What to produce
Find the lines of the listing that contain the string "RequestedItem", and return them.

Data shown
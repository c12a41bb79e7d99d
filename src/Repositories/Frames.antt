-- ===== src/Repositories/Frames.antt =====
-- No repository but that of app/repositories/idempotency.py touches the idempotency keys.
use canals_assessment.Prelude.{ℕ, arith, String, refl, Option, none, some, List, [], ◌∷◌}
use canals_assessment.Domain.Enums.{OrderStatus, ReservationStatus}
use canals_assessment.Domain.Values.{RequestedItem, PostalAddress, Point}
use canals_assessment.Db.Rows.{Db, IdempotencyKey, Product, Payload}
use canals_assessment.Db.Tx.{Env, draw}
use canals_assessment.Db.Frame.{
  Frames, Frames-pure, Frames-raise, Frames-gets, Frames-lift, Frames-or_raise, Frames-bind,
  Frames-raise_if, Frames-modify, frame_rules,
}
use canals_assessment.Repositories.Reservation.{
  reserve_stock, release_reservation, settle_for_order, sweep_expired,
}
use canals_assessment.Repositories.Reservation.Frames.{
  IsApart, draw-apart, reserve_stock-apart, release_reservation-apart, sweep_expired-apart,
  settle_for_order-apart,
}
use canals_assessment.Repositories.Orders.{
  create, insert_history, add_item, add_items, swap_status, record_move, transition,
  get_for_response,
}
use canals_assessment.Repositories.Payments.{create_pending, mark_succeeded}
use canals_assessment.Repositories.Outbox.{add}
use canals_assessment.Repositories.Warehouses.{select_best, count_products_stocked_anywhere}

-- Code that only reads leaves every view of the database alone.
module _ {B : Type 0} (view : Db → B) where
  pub get_for_response-reads : (order : ℕ) → Frames view (get_for_response order)
  unfolding get_for_response
  get_for_response-reads order = search frame_rules

  pub select_best-reads :
      (env : Env) (point : Point) (items : List RequestedItem)
      → Frames view (select_best env point items)
  unfolding select_best
  select_best-reads env point [] = search frame_rules
  select_best-reads env point (i ∷ is) = search frame_rules

  pub count-reads : (ids : List ℕ) → Frames view (count_products_stocked_anywhere ids)
  unfolding count_products_stocked_anywhere
  count-reads ids = search frame_rules

abbrev pub keys : Db → List IdempotencyKey
keys db = db.idempotency_keys

keys-IsApart : IsApart keys
keys-IsApart = record {
  inventory = λ db rows. refl;
  reservations = λ db rows. refl;
  drawn = λ db n. refl;
}

draw-keys : (env : Env) → Frames keys (draw env)
draw-keys = draw-apart keys keys-IsApart

pub reserve_stock-keys :
    (env : Env) (order w : ℕ) (items : List RequestedItem)
    → Frames keys (reserve_stock env order w items)
reserve_stock-keys = reserve_stock-apart keys keys-IsApart

pub release_reservation-keys : (order : ℕ) → Frames keys (release_reservation order)
release_reservation-keys = release_reservation-apart keys keys-IsApart

pub sweep_expired-keys : (batch_size : ℕ) → Frames keys (sweep_expired batch_size)
sweep_expired-keys = sweep_expired-apart keys keys-IsApart

pub settle_for_order-keys :
    (order : ℕ) (status : ReservationStatus) → Frames keys (settle_for_order order status)
settle_for_order-keys = settle_for_order-apart keys keys-IsApart

insert_history-keys :
    (env : Env) (order : ℕ) (a : Option OrderStatus) (b : OrderStatus) (reason : Option String)
    → Frames keys (insert_history env order a b reason)
unfolding insert_history
insert_history-keys env order a b reason = search (frame_rules, draw-keys)

pub create-keys :
    (env : Env) (customer w : ℕ) (address : PostalAddress) (point : Point) (currency : String)
    (total : ℕ)
    → Frames keys (create env customer w address point currency total)
unfolding create
create-keys env customer w address point currency total = record { at = λ db. ground arith }

add_item-keys :
    (env : Env) (order : ℕ) (products : List Product) (i : RequestedItem)
    → Frames keys (add_item env order products i)
unfolding add_item
add_item-keys env order products i = search (frame_rules, draw-keys)

pub add_items-keys :
    (env : Env) (order : ℕ) (products : List Product) (is : List RequestedItem)
    → Frames keys (add_items env order products is)
unfolding add_items
add_items-keys env order products [] = search frame_rules
add_items-keys env order products (i ∷ is) =
    Frames-bind keys (add_item env order products i) _ (add_item-keys env order products i)
      (λ done. add_items-keys env order products is)

swap_status-keys : (order : ℕ) (a b : OrderStatus) → Frames keys (swap_status order a b)
unfolding swap_status
swap_status-keys order a b = record { at = λ db. refl }

record_move-keys :
    (env : Env) (order : ℕ) (a b : OrderStatus) (reason : Option String) (moved : Option ℕ)
    → Frames keys (record_move env order a b reason moved)
unfolding record_move
record_move-keys env order a b reason none = search frame_rules
record_move-keys env order a b reason (some m) = insert_history-keys env order (some a) b reason

pub transition-keys :
    (env : Env) (order : ℕ) (a b : OrderStatus) (reason : Option String)
    → Frames keys (transition env order a b reason)
transition-keys env order a b reason =
    unfold transition in search (frame_rules, swap_status-keys, record_move-keys)

pub create_pending-keys :
    (env : Env) (order amount : ℕ) (currency description : String)
    → Frames keys (create_pending env order amount currency description)
unfolding create_pending
create_pending-keys env order amount currency description = record { at = λ db. ground arith }

pub mark_succeeded-keys :
    (payment : ℕ) (reference brand last4 : Option String)
    → Frames keys (mark_succeeded payment reference brand last4)
unfolding mark_succeeded
mark_succeeded-keys payment reference brand last4 = record { at = λ db. ground arith }

pub add_event-keys :
    (env : Env) (event : String) (id : ℕ) (payload : Payload)
    → Frames keys (add env event id payload)
unfolding add
add_event-keys env event id payload = record { at = λ db. refl }

pub ruleset key_rules = (
  frame_rules, reserve_stock-keys, release_reservation-keys, settle_for_order-keys, create-keys,
  add_items-keys, transition-keys, get_for_response-reads, create_pending-keys, mark_succeeded-keys,
  add_event-keys, select_best-reads, count-reads,
)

Completed exercise
use canals_assessment.Domain.Values.{RequestedItem, PostalAddress, Point}
      (env : Env) (point : Point) (items : List RequestedItem)
    (env : Env) (order w : ℕ) (items : List RequestedItem)
    (env : Env) (order : ℕ) (products : List Product) (i : RequestedItem)
    (env : Env) (order : ℕ) (products : List Product) (is : List RequestedItem)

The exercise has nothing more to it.